Image of the PTAB logo with an arrow pointing to the District Court logo, illustrating that differing standards used won't invoke issue preclusion to stop further litigation.

An Illustration from Life of Issue Preclusion

The kids are fighting over something and bring it to me to resolve. I don’t really want to get involved in whatever they’re arguing about. Instead of just telling them to knock it off, I agree to hear them out on one condition: if they’re going to drag me into this, they have to accept my decision and move on.

Each kid is convinced he’s absolutely right, so they agree. After listening to both number 1 and number 2’s arguments, I decide number 2 was wrong. I tell him that number 1 is right and that he needs to apologize. They both leave, number 1 looking smug and number 2 pouting.

 

Five minutes later, number 2 comes back. He starts making the same arguments again, insisting I must not have understood the first time. I stop him right there and remind him that this issue has already been decided. He agreed to accept the judgment.

This is the basic legal principle of “issue preclusion”. Once a court has finally decided a specific issue of fact or law, the parties can’t re-litigate that same issue in a later case. This is true even if later case involves different claims.

Why Patent Cases Often Have Two Battles: PTAB vs. District Court

Issue preclusion comes up frequently in patent cases. These cases often involve two sequential proceedings: an Inter Partes Review (IPR) at the Patent Trial and Appeal Board, followed by district court litigation.

An IPR may cancel some claims. After that, the patentee often amends the lawsuit to assert similar—but not identical—claims in court.
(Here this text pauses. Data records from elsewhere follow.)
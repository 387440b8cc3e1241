-- ===== src/Trace/Region.antt =====
-- The cells that drain to a cell, described by the directions that the tile's `get` reads.
use package.watershed_delineation.Prelude.{
  ℕ, ◌≡◌, refl, sym, ◌↔◌, ◌⊎◌, inl, inr, true, Bool-cases, Option, none, some, returns, arith, ◌∈◌,
}
use package.watershed_delineation.Prelude.Int.{ℤ, pos, ◌+ℤ◌}
use package.watershed_delineation.Raster.Grid.{GridCoord, Inside}
use package.watershed_delineation.Raster.FlowDir.{FlowDir, all, dx, dy, opposite}
use package.watershed_delineation.Raster.Tile
use package.watershed_delineation.Raster.Tile.Laws.{
  value, get-value, get_checked-value, get_checked-cases,
}
use package.watershed_delineation.Raster.FlowTile
use package.watershed_delineation.Raster.FlowTile.{FlowDirectionTile, TileState, decode, dims}
use package.watershed_delineation.Trace.{Search, same_dir, flows_back, mark, visit}

same_dir_iff : (a b : FlowDir) → (same_dir a b ≡ true) ↔ (a ≡ b)
same_dir_iff a b = ground arith

opposite-opposite : (d : FlowDir) → opposite (opposite d) ≡ d
opposite-opposite d = ground arith

pub mem-all : (d : FlowDir) → d ∈ all
mem-all d = ground arith

-- A step and the step in the opposite direction.
step_back : (a b : ℕ) (d : FlowDir) → (pos a +ℤ dy d ≡ pos b) ↔ (pos a ≡ pos b +ℤ dy (opposite d))
step_back a b d = ground arith

side_back : (a b : ℕ) (d : FlowDir) → (pos a +ℤ dx d ≡ pos b) ↔ (pos a ≡ pos b +ℤ dx (opposite d))
side_back a b d = ground arith

-- The guard of the loop at a decoded cell.
flows_back_iff :
    (dir : FlowDir) (o : Option FlowDir) → (flows_back dir o ≡ true) ↔ (o ≡ some (opposite dir))
flows_back_iff dir none = ground arith
flows_back_iff dir (some d) = ground (arith, same_dir_iff d (opposite dir))

module _ {G : Type 0} {S : TileState} (t : FlowDirectionTile G S) where
  -- The cell `p` has the direction that points at `q`.
  pub record FlowsInto (p q : GridCoord) : Type 0 where
    pub dir : FlowDir
    pub reads : FlowTile.get t p ≡ returns (some dir)
    pub row : pos q.row ≡ pos p.row +ℤ dy dir
    pub col : pos q.col ≡ pos p.col +ℤ dx dir

  -- The cells whose flow path leads to `pour`.
  pub data Drains (pour : GridCoord) : GridCoord → Type 0 where
    here : Drains pour pour
    next : {p q : GridCoord} → Inside (dims t) p → FlowsInto p q → Drains pour q → Drains pour p

  -- `p` is what the loop over the directions finds at `q` in the direction `dir`.
  pub record Found (q : GridCoord) (dir : FlowDir) (p : GridCoord) : Type 0 where
    pub inside : Inside (dims t) p
    pub flows : FlowsInto p q
    pub back : flows.dir ≡ opposite dir

  -- A cell that flows into `q` is found from `q` in the direction opposite to its own.
  pub FlowsInto-Found :
      (p q : GridCoord) → Inside (dims t) p → (f : FlowsInto p q) → Found q (opposite f.dir) p
  FlowsInto-Found p q i f = record { inside = i; flows = f; back = sym (opposite-opposite f.dir) }

  get_checked-off :
      (r c : ℤ)
      → Tile.get_checked t.inner r c ≡ returns none
      → FlowTile.get_checked t r c ≡ returns none
  unfolding FlowTile.get_checked
  get_checked-off r c off = rw off

  module _ (valid : Tile.IsValid t.inner) where
    pub get-decode :
        (p : GridCoord)
        → Inside (dims t) p
        → FlowTile.get t p ≡ returns (decode (value t.inner p) t.encoding)
    unfolding FlowTile.get
    get-decode p i = rw (get-value t.inner valid p i)

    get_checked-decode :
        (p : GridCoord)
        → Inside (dims t) p
        → FlowTile.get_checked t (pos p.row) (pos p.col)
          ≡ returns (decode (value t.inner p) t.encoding)
    unfolding FlowTile.get_checked
    get_checked-decode p i = rw (get_checked-value t.inner valid p i)

    -- What the loop finds, by the cell's place and its byte.
    abbrev At : GridCoord → FlowDir → GridCoord → Type 0
    At q dir p =
        (pos q.row +ℤ dy dir ≡ pos p.row)
        × (pos q.col +ℤ dx dir ≡ pos p.col)
        × (decode (value t.inner p) t.encoding ≡ some (opposite dir))

    Found-At : (q : GridCoord) (dir : FlowDir) (p : GridCoord) → Found q dir p → At q dir p
    Found-At q dir p f = (
      (step_back q.row p.row dir).1 (rw (← f.back) f.flows.row),
      (side_back q.col p.col dir).1 (rw (← f.back) f.flows.col),
      cc (get-decode p f.inside, f.flows.reads, f.back),
    )

    pub At-Found :
        (q : GridCoord) (dir : FlowDir) (p : GridCoord)
        → Inside (dims t) p
        → At q dir p
        → Found q dir p
    At-Found q dir p i (hr, hc, e) = record {
      inside = i;
      flows = record {
        dir = opposite dir;
        reads = rw (get-decode p i, e);
        row = (step_back q.row p.row dir).0 hr;
        col = (side_back q.col p.col dir).0 hc;
      };
      back = refl;
    }

    pub Found-unique :
        (q : GridCoord) (dir : FlowDir) (p p' : GridCoord) → Found q dir p → Found q dir p' → p ≡ p'
    Found-unique q dir p p' f f' =
        let (hr, hc, _) = Found-At q dir p f in
        let (hr', hc', _) = Found-At q dir p' f' in ground (arith, hr, hc, hr', hc')

    -- One direction of the loop: it changes nothing, and no cell drains to `q` from there, or it
    -- marks the cell that does.
    pub visit-cases :
        (q : GridCoord) (dir : FlowDir) (s : Search)
        → (visit t q dir s ≡ returns s) × ((p : GridCoord) → ¬ Found q dir p)
          ⊎ ((p : GridCoord) × Found q dir p × (visit t q dir s ≡ mark t.inner.cols p s))
    unfolding visit
    visit-cases q dir s =
        elim (get_checked-cases t.inner valid (pos q.row +ℤ dy dir) (pos q.col +ℤ dx dir)) [
          | inl off ↦ inl (
            rw (get_checked-off (pos q.row +ℤ dy dir) (pos q.col +ℤ dx dir) off),
            λ p f.
                let (hr, hc, _) = Found-At q dir p f in
                cc (off, hr, hc, get_checked-value t.inner valid p f.inside),
          )
          | inr (p, i, hr, hc) ↦
              let read = get_checked-decode p i in
              let guard = flows_back_iff dir (decode (value t.inner p) t.encoding) in
              elim (Bool-cases (flows_back dir (decode (value t.inner p) t.encoding))) [
                | inl back ↦
                    inr (p, At-Found q dir p i (hr, hc, guard.0 back), rw (hr, hc, read, back))
                | inr other ↦ inl (
                  rw (hr, hc, read, other),
                  λ p' f.
                      let (hr', hc', e) = Found-At q dir p' f in
                      let same : p' ≡ p = ground (arith, hr, hc, hr', hc') in
                      cc (guard.1 (rw same at e), other),
                )
              ]
        ]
The accused infringer naturally argues that the PTAB has already decided the relevant issues. They claim the patentee should not get another bite at the apple.

The Federal Circuit’s Take: Different Standards, Different Outcomes

The Federal Circuit has generally rejected that argument. Invalidity in an IPR is decided under the lower preponderance of the evidence standard. Invalidity in district court must be proven by clear and convincing evidence. Because of this difference, the two proceedings do not resolve the “same issue” for purposes of issue preclusion. In short, what counts as “already decided” in an IPR often isn’t “already decided” in court.

Number 2 would certainly approve.

Summary of Causam Enterprises, Inc. v. International Trade Commission (Fed. Cir. Oct. 15, 2025)

The Federal Circuit court, narrowing patent assignments, ruled CIP applications aren't covered by assignments.

Continuation-in-Part Applications Not Covered in Assignments

The Federal Circuit held that a 2007 patent assignment did not cover continuation-in-part (CIP) applications.
The assignment referenced “divisions, reissues, continuations, and extensions,” but did not mention CIPs.
Relying on standard contract principles, the court refused to insert terms the parties did not include.

The Distinction Between Continuation and Continuation-in-Part Applications

The panel emphasized that continuations and CIPs are distinct under long-settled patent law. Continuations cannot add new matter, while CIPs can. That difference carries real legal and practical consequences for ownership and recordation.

The Singular Exception in UNM v Knight

The court contrasted its decision with University of New Mexico v. Knight (2003). In Knight, similar language was held to include CIPs. The panel distinguished that case because additional agreements transferred “all related patents.”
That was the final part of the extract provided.